Eva Pinney was born in 1851 in Connecticut. She may have attended the preparatory course at Oberlin College in 1870 and was listed in the 1870 census as a teacher living in Newbury with her mother Paulette/Purleyett Burnett (a postmistress) and two younger sisters Florence (age 15) and Cora M. (age 12). By 1878, she was being paid as an organizer for Newbury Woman Suffrage Political Club, lecturing throughout Ohio on suffrage and temperance. In 1879 and 1880, she served as delegate to National Women’s Suffrage Association meetings and on the 1880 census is listed as a lecturer with residence in Newbury, Ohio
Eva later returned to Glastonbury/Hartford, Connecticut and may have worked as a dressmaker before being listed as a mail messenger on the 1910 census. She died on November 17, 1916, in Connecticut and is buried in Elmwood Cemetery, East Granby, Connecticut.

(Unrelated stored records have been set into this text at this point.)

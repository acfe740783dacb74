-- ===== src/Auth/Chain/Tests.antt =====
-- A directory that is down before a local store that knows one user.
use cairn_mdm.Prelude.{ℕ, [], ◌∷◌, ◌≡◌, refl, string_eq, ◌==◌, if◌then◌else◌}
use cairn_mdm.Sql.{ok, err, driver, invalid_credentials, working, pure, fail, catch}
use cairn_mdm.Auth.Role.{Identity}
use cairn_mdm.Auth.Chain.{Authenticator, authenticate}
use cairn_mdm.Auth.Chain.Order.{IsAdmitted, authenticate-break_glass, authenticate-IsAdmitted}

abbrev root : Identity
root = record { username = "root"; display_name = ""; role = "admin"; provider = "local" }

abbrev down : Authenticator ℕ
down username password c = (err driver, c)

abbrev local : Authenticator ℕ
local username password c = (if password == "secret12" then ok root else err invalid_credentials, c)

chain_tests :
    ((authenticate (down ∷ local ∷ []) "root" "wrong" (working 0)).0 ≡ err invalid_credentials)
    × ((authenticate (down ∷ []) "root" "secret12" (working 0)).0 ≡ err driver)
    × ((authenticate {S = ℕ} [] "root" "secret12" (working 0)).0 ≡ err invalid_credentials)
unfolding authenticate pure fail catch
chain_tests = (refl, refl, refl)

authenticate-break_glass_example :
    (authenticate (down ∷ local ∷ []) "root" "secret12" (working 0)).0 ≡ ok root
authenticate-break_glass_example =
    authenticate-break_glass "root" "secret12" (down ∷ []) [] local root (working 0)
      ((λ c. (driver, refl)), tt) refl

authenticate-IsAdmitted_example :
    IsAdmitted "root" "secret12"
      (down ∷ local ∷ [])
      root
      (working 0)
      (authenticate (down ∷ local ∷ []) "root" "secret12" (working 0))
unfolding authenticate pure fail catch
authenticate-IsAdmitted_example =
    authenticate-IsAdmitted "root" "secret12" (down ∷ local ∷ []) root (working 0) refl
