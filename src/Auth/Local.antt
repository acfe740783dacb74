-- ===== src/Auth/Local.antt =====
-- Local accounts (internal/auth/local.go), the tables `app_users` and `app_sessions`. Argon2id is a
-- parameter: `create_hash` and `compare` may fail, and what the timing decoy computes is dropped.
-- `len` of a Go string counts bytes, as `String.len` does.
pub mod LastAdmin
mod Tests
use Prim.Native.String.{len}
use cairn_mdm.Prelude.{
  ℕ, ◌+◌, String, Bool, true, false, ◌||◌, ◌&&◌, List, [], ◌∷◌, ◌++◌, Option, none, some, ltb, leb,
  if◌then◌else◌, nat_eq, string_eq, ◌==◌, select, update, count, find, any, not,
}
use cairn_mdm.Prelude.Int.{ℤ, pos, negsuc}
use cairn_mdm.Sql.{
  Sql, Result, ok, err, Error, no_rows, driver, constraint, message, invalid_credentials, query_row,
  stmt, pure, fail, catch, ◌>>=◌, ◌>>◌,
}
use cairn_mdm.Auth.Role.{Role, Identity, valid, role_admin}

-- a row of `app_users`
pub record User : Type 0 where
  pub username : String
  pub password_hash : String
  pub role : Role
  pub display_name : String

-- the two tables; of a session only its user matters here
pub record Tables : Type 0 where
  pub users : List User
  pub sessions : List String

abbrev pub is_user : String → User → Bool
is_user name u = u.username == name

abbrev pub is_admin : User → Bool
is_admin u = u.role == role_admin

-- `SetMinPasswordLen`
unfoldable pub min_password_len : ℤ → ℕ
min_password_len (pos n) = n
min_password_len (negsuc n) = 0

-- `INSERT INTO app_users`; `username` is the primary key
abbrev pub insert_user : User → Tables → Result (Unit {0}) × Tables
insert_user u t =
    if any (is_user u.username) t.users
    then (err constraint, t)
    else (ok tt, record t { users = t.users ++ u ∷ [] })

-- `UPDATE app_users SET password_hash`, with the number of rows that it changes
abbrev pub update_password : String → String → Tables → Result ℕ × Tables
update_password hash name t = (
  ok (count (is_user name) t.users),
  record t { users = update (is_user name) (λ u. record u { password_hash = hash }) t.users },
)

abbrev pub read_user : String → Tables → Result User × Tables
read_user name t = query_row t (find (is_user name) t.users)

module _ (create_hash : String → Result String) (compare : String → String → Result Bool)
    (min_len : ℕ) where
  abbrev hashed : String → (String → Sql Tables (Unit {0})) → Sql Tables (Unit {0})
  hashed password k = elim (create_hash password) [ ok h ↦ k h | err e ↦ fail e ]

  -- `CreateUser`
  unfoldable pub create_user : String → String → Role → String → Sql Tables (Unit {0})
  create_user username password role display_name =
      if username == "" || password == ""
      then fail (message "auth: username and password are required")
      else if ltb (len password) min_len
      then fail (message "auth: password must be at least that many characters")
      else if not (valid role)
      then fail (message "auth: invalid role")
      else hashed password λ h. stmt (
          insert_user (record {
            username = username;
            password_hash = h;
            role = role;
            display_name = display_name;
          }))

  -- `SetPassword`
  unfoldable pub set_password : String → String → Sql Tables (Unit {0})
  set_password username password =
      if ltb (len password) min_len
      then fail (message "auth: password must be at least that many characters")
      else hashed password λ h. do
        n ← stmt (update_password h username)
        if n == 0 then fail (message "auth: no such user") else pure tt

  abbrev pub verdict : String → User → Result Bool → Sql Tables Identity
  verdict username u (ok true) = pure (record {
    username = username;
    display_name = u.display_name;
    role = u.role;
    provider = "local";
  })
  verdict username u (ok false) = fail invalid_credentials
  verdict username u (err e) = fail e

  abbrev pub check_user : String → String → Result User → Sql Tables Identity
  check_user username password (ok u) = verdict username u (compare password u.password_hash)
  check_user username password (err no_rows) = fail invalid_credentials
  check_user username password (err e) = fail e

  -- `Authenticate`
  unfoldable pub authenticate : String → String → Sql Tables Identity
  authenticate username password = catch (stmt (read_user username)) (check_user username password)

-- `UserRole`
unfoldable pub user_role : String → Sql Tables Role
user_role username = do u ← stmt (read_user username); pure u.role

-- `CountUsers`
unfoldable pub count_users : Sql Tables ℕ
count_users = stmt (λ t. (ok (count (λ u. true) t.users), t))

abbrev pub count_admins : Tables → Result ℕ × Tables
count_admins t = (ok (count is_admin t.users), t)

abbrev pub delete_user_row : String → Tables → Result (Unit {0}) × Tables
delete_user_row name t = (ok tt, record t { users = select (λ u. not (is_user name u)) t.users })

abbrev pub delete_user_sessions : String → Tables → Result (Unit {0}) × Tables
delete_user_sessions name t =
    (ok tt, record t { sessions = select (λ s. not (s == name)) t.sessions })

-- the two DELETE statements at the end of `DeleteUser`
abbrev pub remove_user : String → Sql Tables (Unit {0})
remove_user username = do stmt (delete_user_row username); stmt (delete_user_sessions username)

-- the guard of the last admin
abbrev pub after_role : Result Role → Sql Tables (Unit {0})
after_role (ok role) =
    if role == role_admin
    then (do
      admins ← stmt count_admins
      if leb admins 1
          then fail (message "auth: refusing to delete the last admin account")
          else pure tt)
    else pure tt
after_role (err no_rows) = fail (message "auth: no such user")
after_role (err e) = fail e

-- `DeleteUser` up to its two DELETE statements: what it reads and refuses
unfoldable pub guard : String → Sql Tables (Unit {0})
unfolding user_role
guard username = catch (user_role username) after_role

-- `DeleteUser`
unfoldable pub delete_user : String → Sql Tables (Unit {0})
unfolding guard
delete_user username = guard username >> remove_user username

“The Newbury Nine” were the nine Geauga women who attempted to vote at Union Chapel in the October 1871 election, thus making them some of the earliest women in Ohio to present themselves at the polls as citizens with the right to vote. According to local legend, Sarah Knox’s husband Ransom hitched up his team and collected the women, then drove them to Union Chapel for the election.

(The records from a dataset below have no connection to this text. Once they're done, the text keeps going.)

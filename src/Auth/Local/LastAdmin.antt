-- ===== src/Auth/Local/LastAdmin.antt =====
-- The last admin account under one caller of `DeleteUser`, and under two at once.
use cairn_mdm.Prelude.{
  ℕ, ◌+◌, ◌≤◌, ◌≡◌, refl, String, Bool, true, false, List, [], ◌∷◌, none, some, arith, eq_iff,
  string_eq, nat_eq, ◌==◌, leb, select, count, find, not, ◌⊎◌, Bool-cases, Option-cases, inl, inr,
  ap, subst, sym,
}
use cairn_mdm.Sql.{Conn, ok, stmt, is_failing, later, catch, working, pure, fail, Sql, ◌>>=◌, ◌>>◌}
use cairn_mdm.Auth.Role.{role_admin}
use cairn_mdm.Auth.Local.{
  User, Tables, is_user, is_admin, remove_user, after_role, guard, delete_user,
}

-- No user name stands twice, as the primary key has it.
abbrev pub IsUnique : List User → Type 0
IsUnique [] = Unit
IsUnique (u ∷ us) = (find (is_user u.username) us ≡ none) × IsUnique us

abbrev one_if : Bool → ℕ
one_if true = 1
one_if false = 0

abbrev without : String → List User → List User
without name users = select (λ u. not (is_user name u)) users

count-without_absent :
    (name : String) (users : List User)
    → find (is_user name) users ≡ none
    → count is_admin (without name users) ≡ count is_admin users
count-without_absent name [] h = refl
count-without_absent name (u ∷ us) h = ground (arith, count-without_absent name us)

count-without :
    (name : String) (users : List User) (u : User)
    → IsUnique users
    → find (is_user name) users ≡ some u
    → count is_admin (without name users) + one_if (is_admin u) ≡ count is_admin users
count-without name [] u h found = cc
count-without name (v ∷ vs) u (h, hs) found =
    ground (arith, count-without name vs u hs, count-without_absent name vs, eq_iff v.username name)

-- Some admin is left, and no name stands twice.
abbrev pub HasAdmin : Tables → Type 0
HasAdmin t = 1 ≤ count is_admin t.users

module _ (name : String) (c : Conn Tables) where
  abbrev Removes : Conn Tables → Type 0
  Removes c' = (c'.rows.users ≡ c.rows.users) ⊎ (c'.rows.users ≡ without name c.rows.users)

  remove-Removes : Removes (remove_user name c).1
  unfolding stmt ◌>>=◌
  remove-Removes = ground arith

-- What `DeleteUser` may do to the users: nothing, or it removes the named one, who is then not an
-- admin or not the only one.
abbrev Allowed : String → List User → List User → Type 0
Allowed name us us' =
    (us' ≡ us)
    ⊎ ((u : User) × (find (is_user name) us ≡ some u)
        × (us' ≡ without name us)
        × ((is_admin u ≡ false) ⊎ (2 ≤ count is_admin us)))

remove-Allowed :
    (name : String) (c : Conn Tables) (u : User)
    → find (is_user name) c.rows.users ≡ some u
    → (is_admin u ≡ false) ⊎ (2 ≤ count is_admin c.rows.users)
    → Allowed name c.rows.users (remove_user name c).1.rows.users
remove-Allowed name c u found why = elim (remove-Removes name c) [
  | inl same ↦ inl same
  | inr gone ↦ inr (u, found, gone, why)
]

-- The guard, when the role of the user has been read.
guard-Allowed :
    (name : String) (c : Conn Tables) (u : User)
    → find (is_user name) c.rows.users ≡ some u
    → Allowed name c.rows.users ((after_role (ok u.role) >> remove_user name) c).1.rows.users
unfolding ◌>>=◌ stmt pure fail
guard-Allowed name c u found = elim (Bool-cases (u.role == role_admin)) [
  | inr plain ↦ rw plain (remove-Allowed name c u found (inl plain))
  | inl admin ↦ elim (Bool-cases (is_failing c.faults)) [
    | inl failing ↦ rw (admin, failing) (inl refl)
    | inr healthy ↦ elim (Bool-cases (leb (count is_admin c.rows.users) 1)) [
      | inl last ↦ rw (admin, healthy, last) (inl refl)
      | inr more ↦
          rw (admin, healthy, more)
            (remove-Allowed name (record c { faults = later c.faults }) u found
              (inr (ground arith)))
    ]
  ]
]

-- `DeleteUser` of a user that is there, when the read of the role does not fail.
delete-found :
    (name : String) (c : Conn Tables) (u : User)
    → is_failing c.faults ≡ false
    → find (is_user name) c.rows.users ≡ some u
    → delete_user name c
      ≡ (after_role (ok u.role) >> remove_user name) (record c { faults = later c.faults })
unfolding delete_user guard catch stmt ◌>>=◌ pure fail
delete-found name c u healthy found = rw (healthy, found)

delete-missing :
    (name : String) (c : Conn Tables)
    → is_failing c.faults ≡ false
    → find (is_user name) c.rows.users ≡ none
    → (delete_user name c).1.rows ≡ c.rows
unfolding delete_user guard catch stmt ◌>>=◌ fail
delete-missing name c healthy missing = rw (healthy, missing)

delete-failing :
    (name : String) (c : Conn Tables)
    → is_failing c.faults ≡ true
    → (delete_user name c).1.rows ≡ c.rows
unfolding delete_user guard catch stmt ◌>>=◌ fail
delete-failing name c failing = rw failing

delete-Allowed :
    (name : String) (c : Conn Tables) → Allowed name c.rows.users (delete_user name c).1.rows.users
delete-Allowed name c = elim (Bool-cases (is_failing c.faults)) [
  | inl failing ↦ inl (ap (λ t. t.users) (delete-failing name c failing))
  | inr healthy ↦ elim (Option-cases (find (is_user name) c.rows.users)) [
    | inl missing ↦ inl (ap (λ t. t.users) (delete-missing name c healthy missing))
    | inr (u, found) ↦
        subst (λ r. Allowed name c.rows.users r.1.rows.users)
          (sym (delete-found name c u healthy found))
          (guard-Allowed name (record c { faults = later c.faults }) u found)
  ]
]

-- Whatever statements fail on the way: from tables with unique user names and an admin, `DeleteUser`
-- leaves an admin.
pub delete_user-HasAdmin :
    (name : String) (c : Conn Tables)
    → IsUnique c.rows.users
    → HasAdmin c.rows
    → HasAdmin (delete_user name c).1.rows
delete_user-HasAdmin name c unique some_admin = elim (delete-Allowed name c) [
  | inl same ↦ rw same some_admin
  | inr (u, found, gone, why) ↦
      rw gone (ground (arith, count-without name c.rows.users u unique found))
]

find-without_other :
    (a b : String) (users : List User)
    → (a == b) ≡ false
    → find (is_user b) (without a users) ≡ find (is_user b) users
find-without_other a b [] h = refl
find-without_other a b (u ∷ us) h =
    ground
      (arith, find-without_other a b us h, eq_iff u.username a, eq_iff u.username b, eq_iff a b)

without_absent :
    (a b : String) (users : List User)
    → find (is_user b) users ≡ none
    → find (is_user b) (without a users) ≡ none
without_absent a b [] h = refl
without_absent a b (u ∷ us) h = ground (arith, without_absent a b us)

without-IsUnique : (a : String) (users : List User) → IsUnique users → IsUnique (without a users)
without-IsUnique a [] h = tt
without-IsUnique a (u ∷ us) (h, hs) =
    ground (arith, without-IsUnique a us hs, without_absent a u.username us h)

-- While there are two admins or more, the guard lets any user pass, and writes nothing.
guard-passes :
    (name : String) (t : Tables) (u : User)
    → find (is_user name) t.users ≡ some u
    → 2 ≤ count is_admin t.users
    → guard name (working t) ≡ (ok tt, working t)
unfolding guard catch stmt ◌>>=◌ pure fail
guard-passes name t u found many =
    let more : leb (count is_admin t.users) 1 ≡ false = ground arith in
    rw found (elim (Bool-cases (u.role == role_admin)) [
      | inl admin ↦ rw (admin, more) refl
      | inr plain ↦ rw plain refl
    ])

remove-users :
    (name : String) (t : Tables)
    → remove_user name (working t) ≡ (ok tt, working (remove_user name (working t)).1.rows)
unfolding stmt ◌>>=◌
remove-users name t = refl

removed-users :
    (name : String) (t : Tables)
    → (remove_user name (working t)).1.rows.users ≡ without name t.users
unfolding stmt ◌>>=◌
removed-users name t = refl

-- one order of the statements of two calls of `DeleteUser`: both read before either deletes
abbrev pub interleaved : String → String → Sql Tables (Unit {0})
interleaved a b = guard a >> guard b >> remove_user a >> remove_user b

interleaved-runs :
    (a b : String) (t : Tables)
    → guard a (working t) ≡ (ok tt, working t)
    → guard b (working t) ≡ (ok tt, working t)
    → interleaved a b (working t) ≡ remove_user b (working (remove_user a (working t)).1.rows)
unfolding ◌>>=◌ stmt
interleaved-runs a b t ga gb = rw (ga, gb) refl

-- Two processes at once, at a database that works. `DeleteUser` is its guard and then the removal,
-- in separate statements with no transaction around them. If `a` and `b` are the only two admins, and
-- each call passes its guard before the other one removes, then both calls succeed and no admin is
-- left.
pub race_removes_all_admins :
    (a b : String) (t : Tables) (u v : User)
    → IsUnique t.users
    → find (is_user a) t.users ≡ some u
    → find (is_user b) t.users ≡ some v
    → is_admin u ≡ true
    → is_admin v ≡ true
    → (a == b) ≡ false
    → count is_admin t.users ≡ 2
    → (delete_user a ≡ (guard a >> remove_user a))
      × (delete_user b ≡ (guard b >> remove_user b))
      × ((interleaved a b (working t)).0 ≡ ok tt)
      × (count is_admin (interleaved a b (working t)).1.rows.users ≡ 0)
unfolding delete_user
race_removes_all_admins a b t u v unique fa fb au av ne two =
    let both =
      interleaved-runs a b t (guard-passes a t u fa (omega (arith, two)))
        (guard-passes b t v fb (omega (arith, two))) in
    (
      refl,
      refl,
      rw (both, remove-users b (remove_user a (working t)).1.rows) refl,
      rw (both, removed-users b _, removed-users a t)
          (ground (
            arith,
            count-without a t.users u unique fa,
            count-without b (without a t.users) v (without-IsUnique a t.users unique),
            find-without_other a b t.users ne,
          )),
    )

“Election in this place passed off quietly, although there was considerable excitement in consequence of nine ladies having the independence and moral courage to present themselves at the polls [at Union Chapel] and demand their right to vote under the provisions of the XIVth and XVth Amendments of the United States Constitution. After considerable discussion and argument on both sides, the votes were rejected by the Board of Election." C.P., Newbury Column, The Geauga Democrat 22, no. 42, October 18, 1871. On microfilm at Chardon Public Library. 110 East Park Street. Chardon, Ohio, 44024 Roll #12
These women were answering the call of Elizabeth Cady Stanton and Susan B. Anthony of the National Women’s Suffrage Association (NWSA). In early 1871, the leaders of the NWSA proposed that, because women were citizens, they already possessed the right to vote and were entitled to equal protection of this right under the Fourteenth Amendment. Thus, NWSA adopted a formal resolution encouraging women to present themselves at the polls to vote. The strategy was that if women were not allowed to vote, their rights should be considered to be violated and they would be entitled to take the issue to court. In 1872, Susan B. Anthony attempted to vote in Rochester, New York, for which she was charged with illegal voting and stood trial in 1873.
The nine intrepid female voters in Newbury were (ages are approximate):
*Sophia L. Ober Allen, age 41
*Purleyette M. Burnett, age 50
*Lovinia Green, age 67 (OR it may have been daughter Lovinia M. Green, age 44)
*Mary Collister Hodges. age 37
Sarah A. Knox, age 22
*Ruth Fisher Munn, age 65
*Lima H. Ober (Sophia’s mother), age 69
Hophni (Hopkins) Smith, age 61
Lydia Smith, age 33
Men voting with these women:
*Darius Allen (Sophia’s husband)
*Deacon Amplias Greene (Lovinia’s husband or Lovinia M.s father)
*Apollos D. Greene (Julia’s husband)
*Ransom Knox (Sarah’s husband)
**Wesley Brown
*those marked with an asterisk were listed as founding members of the Newbury Woman Political Suffrage Club, founded Jan. 12, 1874.
**an R.W. Brown is listed as a founding member of the Newbury Woman Political Suffrage Club. Could this be the Wesley Brown who voted with the women in Oct. 1871?